**Goal of the exercise**. Find the string "then" in the records. Copy each line that has it.

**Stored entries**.
****************

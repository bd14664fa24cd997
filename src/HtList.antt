-- ===== src/HtList.antt =====
-- Library/Implementation/HTList.c: lists of objects.
-- An object is a pointer, a number, and NULL is 0. A list is that of its objects behind the header
-- node, which has none; `none` is the pointer NULL.
pub mod Queue
pub mod Index
use cern_httpd.Base.{
  ℕ, zero, suc, Bool, true, false, Option, none, some, List, [], ◌∷◌, ◌==◌, if◌then◌else◌, length,
}
use cern_httpd.Base.Int.{ℤ, pos, negsuc}

abbrev pub ObjectList : Type 0
ObjectList = Option (List ℕ)

-- HTList_new
unfoldable pub new : ObjectList
new = some []

-- HTList_addObject; `none` as the result is the call of abort.
unfoldable pub add_object : ObjectList → ℕ → Option ObjectList
add_object none new_object = none
add_object (some me) new_object = some (some (new_object ∷ me))

-- The loop of HTList_removeObject.
unfoldable pub remove_loop : List ℕ → ℕ → List ℕ × Bool
remove_loop [] old_object = ([], false)
remove_loop (object ∷ me) old_object =
    let (rest, found) = remove_loop me old_object in
    if object == old_object then (me, true) else (object ∷ rest, found)

unfoldable pub remove_object : ObjectList → ℕ → ObjectList × Bool
unfolding remove_loop
remove_object none old_object = (none, false)
remove_object (some me) old_object =
    let (rest, found) = remove_loop me old_object in (some rest, found)

-- HTList_removeLastObject: the object that was added last stands first.
unfoldable pub remove_last_object : ObjectList → ObjectList × ℕ
remove_last_object none = (none, 0)
remove_last_object (some []) = (some [], 0)
remove_last_object (some (object ∷ me)) = (some me, object)

-- The loop of HTList_removeFirstObject, from the node of `object` on.
unfoldable pub remove_end : ℕ → List ℕ → List ℕ × ℕ
remove_end object [] = ([], object)
remove_end object (next ∷ me) = let (rest, first) = remove_end next me in (object ∷ rest, first)

unfoldable pub remove_first_object : ObjectList → ObjectList × ℕ
unfolding remove_end
remove_first_object none = (none, 0)
remove_first_object (some []) = (some [], 0)
remove_first_object (some (object ∷ me)) =
    let (rest, first) = remove_end object me in (some rest, first)

-- HTList_count
unfoldable pub count : ObjectList → ℕ
count none = 0
count (some me) = length me

-- The loop of HTList_indexOf.
unfoldable pub index_from : ℕ → List ℕ → ℕ → ℤ
index_from position [] object = negsuc 0
index_from position (x ∷ me) object =
    let further = index_from (suc position) me object in
    if x == object then pos position else further

unfoldable pub index_of : ObjectList → ℕ → ℤ
unfolding index_from
index_of none object = negsuc 0
index_of (some me) object = index_from 0 me object

-- The loop of HTList_objectAt.
unfoldable pub object_from : List ℕ → ℕ → ℕ
object_from [] position = 0
object_from (x ∷ me) zero = x
object_from (x ∷ me) (suc position) = object_from me position

unfoldable pub object_at : ObjectList → ℤ → ℕ
unfolding object_from
object_at me (negsuc n) = 0
object_at none (pos n) = 0
object_at (some me) (pos n) = object_from me n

****************

**Expected output**.
  ℕ, zero, suc, Bool, true, false, Option, none, some, List, [], ◌∷◌, ◌==◌, if◌then◌else◌, length,
    if object == old_object then (me, true) else (object ∷ rest, found)
    if x == object then pos position else further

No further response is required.